Modelling cause-and-effects

Introduction

Modelling species, habitats and their relationships to environmental pressures is complex, as cause and effects are intertwined and impacts are often mitigated through a set of attributes that cannot easily be modelled using standard techniques. An example is given in the figure below. This conceptual model was developed at a meeting organised with Fisheries experts. The participants produced a model of trout habitat (in blue) and its relationship to environmental pressures (in red).

SEM

Most environmental attributes had a direct link to fish density, but they also influenced each other adding to the model complexity. For example, channel substrate had both a direct (thick blue arrow) and indirect (thin light blue arrow) influence on trout density through its effect on flow roughness. Channel resectioning had no direct effect on fish density; instead, its influence was mediated through its impact on other habitat attributes such as channel substrate, flow velocity patterns, the presence of cover and resting areas (red arrows).
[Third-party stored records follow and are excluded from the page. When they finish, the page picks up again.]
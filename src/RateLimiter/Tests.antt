-- ===== src/RateLimiter/Tests.antt =====
-- firmware/src/rate_limiter.c at concrete calls.
use safe_key_vault.Prelude.{
  ℕ, zero, suc, All, ◌-◌, ◌≤◌, true, some, List, [], ◌∷◌, Text, codes, replicate, strncmp_eq, ◌≡◌,
  refl, arith,
}
use safe_key_vault.RateLimiter.{Entry, RateLimiter, unused, rate_limiter_allow}
use safe_key_vault.RateLimiter.Slots.{entry_of}
use safe_key_vault.RateLimiter.Window.{HasWindow, allowed, allowed-le}
use safe_key_vault.RateLimiter.Full.{IsUsed}

abbrev a_io : Text
a_io = codes "https://a.io"

abbrev b_io : Text
b_io = codes "https://b.io"

abbrev taken : Entry
taken = record { used = true; origin = a_io; window_start_tick = 100; attempt_count = 1 }

abbrev one_slot : RateLimiter
one_slot = taken ∷ replicate 15 unused

abbrev calls : List (Text × ℕ)
calls = (a_io, 100) ∷ (b_io, 120) ∷ (a_io, 130) ∷ (a_io, 159) ∷ []

one_slot-window : HasWindow one_slot a_io 100 1
unfolding entry_of strncmp_eq
one_slot-window = (taken, refl, refl, refl)

allowed-le_example : allowed 60 2 a_io one_slot calls ≤ 2 - 1
allowed-le_example =
    allowed-le 60 2 one_slot a_io calls 100 1 (omega arith) one_slot-window (omega arith)
      (omega arith) (omega arith) (omega arith)

first_is_allowed : (rate_limiter_allow one_slot (some b_io) 7 60 2).1 ≡ true
unfolding rate_limiter_allow strncmp_eq
first_is_allowed = refl

taken-IsUsed : (n : ℕ) → All IsUsed (replicate n taken)
taken-IsUsed zero = tt
taken-IsUsed (suc n) = (refl, taken-IsUsed n)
Traditional statistical techniques such as linear regression mainly model direct impacts of uncorrelated variables. Indirect effects are difficult to model and the presence of correlations between explanatory variables may lead to biased coefficient estimates and incorrect model interpretation.

Structural Equation Modelling (SEM) is an extension of linear regression that enables the modelling of complex relationships between interrelated (and thus correlated) variables.  The method is simple, intuitive and requires basic statistical and modelling knowledge.  It can be implemented using simple software with user-friendly graphical interfaces.  Because SEM models account for direct and indirect impacts and can cope with correlated variables, it is one of the few modelling techniques that can be used to model causal relationships.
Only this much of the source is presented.